-- ===== src/Boxed/Delegation.antt =====
-- src/endpoint/boxed.rs: a boxed endpoint does what the endpoint in the box does.
use finch_router.Prelude.{◌≡◌, refl, sym, ◌∙◌, ap, ◌↔◌, none, some, Outcome, arith}
use finch_router.Crates.{Crates}
use finch_router.Error.{Error}
use finch_router.Action.{Async, EndpointAction, Endpoint}
use finch_router.Action.Runs.{as_poll}
use finch_router.Boxed.{
  EndpointActionObj, box_action, preflight_obj, poll_obj, obj_behaviour, new_obj, obj_endpoint,
}
use finch_router.Ext.Future.Settling.{Resolves, resolved, pending}
use finch_router.Service.{AppFuture, AppFutureState, start, in_flight, dispatch, poll_apply}

-- Two futures of which the second does what the first does, from the image of each of its states.
module _ {ℓ κ} {E R : Type 0} {Fut : Type ℓ} {Gut : Type κ} (poll : Fut → Outcome E (Async R) × Fut)
    (poll2 : Gut → Outcome E (Async R) × Gut) (f : Fut → Gut)
    (follows : (x : Fut) → poll2 (f x) ≡ ((poll x).0, f (poll x).1)) {r : Outcome E R} where
  image-Resolves : {z : Gut} {y x : Fut} → f y ≡ z → Resolves poll r y x → Resolves poll2 r z (f x)
  image-Resolves {x} same (resolved e) =
      resolved (follows x ∙ ap (λ p. (p.0, f p.1)) e ∙ (λ i. (as_poll r, same i)))
  image-Resolves {x} same (pending e st) =
      pending (follows x ∙ ap (λ p. (p.0, f p.1)) e) (image-Resolves same st)

  preimage-Resolves :
      {z g : Gut} (x : Fut)
      → f x ≡ g
      → Resolves poll2 r z g
      → (y : Fut) × (f y ≡ z) × Resolves poll r y x
  preimage-Resolves x same (resolved e) =
      let whole = sym (follows x) ∙ ap poll2 same ∙ e in
      ((poll x).1, ap (λ p. p.1) whole, resolved (λ i. ((whole i).0, (poll x).1)))
  preimage-Resolves x same (pending e st) =
      let whole = sym (follows x) ∙ ap poll2 same ∙ e in
      let (y, image, found) = preimage-Resolves (poll x).1 (ap (λ p. p.1) whole) st in
      (y, image, pending (λ i. ((whole i).0, (poll x).1)) found)

module _ {k : Crates} {Bd S T : Type 0} (a : EndpointAction k Bd S T) where
  abbrev pub boxed_state : AppFutureState S → AppFutureState (EndpointActionObj k Bd T)
  boxed_state (start none) = start none
  boxed_state (start (some s)) = start (some (box_action a s))
  boxed_state (in_flight s) = in_flight (box_action a s)

  -- the future with its action boxed
  abbrev pub boxed_future : AppFuture k Bd S → AppFuture k Bd (EndpointActionObj k Bd T)
  boxed_future fut = record {
    state = boxed_state fut.state;
    context = fut.context;
    body = fut.body;
  }

  poll_apply-boxed_future :
      (fut : AppFuture k Bd S)
      → poll_apply obj_behaviour (boxed_future fut)
        ≡ ((poll_apply a fut).0, boxed_future (poll_apply a fut).1)
  unfolding poll_apply preflight_obj poll_obj
  poll_apply-boxed_future fut = ground arith

-- The future of a boxed endpoint comes to a result exactly where the future of the endpoint in the box
-- comes to it on the same request, and is left as that one with its action boxed.
pub dispatch-new_obj :
    {k : Crates} {Bd S T : Type 0} (e : Endpoint k Bd S T) (request : k.Request) (body : Bd)
    (r : Outcome Error T) (after : AppFuture k Bd (EndpointActionObj k Bd T))
    → Resolves (poll_apply obj_behaviour) r after (dispatch (obj_endpoint (new_obj e)) request body)
      ↔ ((fut' : AppFuture k Bd S) × (boxed_future e.behaviour fut' ≡ after)
          × Resolves (poll_apply e.behaviour) r fut' (dispatch e request body))
unfolding dispatch obj_endpoint new_obj
dispatch-new_obj {k} e request body r after =
    let a = e.behaviour in
    let follows = poll_apply-boxed_future a in
    let future = boxed_future a in
    (
      preimage-Resolves (poll_apply a) (poll_apply obj_behaviour) future follows
          (dispatch e request body) refl,
      λ found.
          image-Resolves (poll_apply a) (poll_apply obj_behaviour) future follows found.1 found.2,
    )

> _ACTIVITY_
Return a word-for-word copy of the lines above from the one holding "resolved (follows x" through the one holding "poll_apply-boxed_future fut = ground arith", with both of them included and nothing besides.

> _RESULT OF THIS TASK_
      resolved (follows x ∙ ap (λ p. (p.0, f p.1)) e ∙ (λ i. (as_poll r, same i)))
  image-Resolves {x} same (pending e st) =
      pending (follows x ∙ ap (λ p. (p.0, f p.1)) e) (image-Resolves same st)

  preimage-Resolves :
      {z g : Gut} (x : Fut)
      → f x ≡ g
      → Resolves poll2 r z g
      → (y : Fut) × (f y ≡ z) × Resolves poll r y x
  preimage-Resolves x same (resolved e) =
      let whole = sym (follows x) ∙ ap poll2 same ∙ e in
      ((poll x).1, ap (λ p. p.1) whole, resolved (λ i. ((whole i).0, (poll x).1)))
  preimage-Resolves x same (pending e st) =
      let whole = sym (follows x) ∙ ap poll2 same ∙ e in
      let (y, image, found) = preimage-Resolves (poll x).1 (ap (λ p. p.1) whole) st in
      (y, image, pending (λ i. ((whole i).0, (poll x).1)) found)

module _ {k : Crates} {Bd S T : Type 0} (a : EndpointAction k Bd S T) where
  abbrev pub boxed_state : AppFutureState S → AppFutureState (EndpointActionObj k Bd T)
  boxed_state (start none) = start none
  boxed_state (start (some s)) = start (some (box_action a s))
  boxed_state (in_flight s) = in_flight (box_action a s)

  -- the future with its action boxed
  abbrev pub boxed_future : AppFuture k Bd S → AppFuture k Bd (EndpointActionObj k Bd T)
  boxed_future fut = record {
    state = boxed_state fut.state;
    context = fut.context;
    body = fut.body;
  }

  poll_apply-boxed_future :
      (fut : AppFuture k Bd S)
      → poll_apply obj_behaviour (boxed_future fut)
        ≡ ((poll_apply a fut).0, boxed_future (poll_apply a fut).1)
  unfolding poll_apply preflight_obj poll_obj
  poll_apply-boxed_future fut = ground arith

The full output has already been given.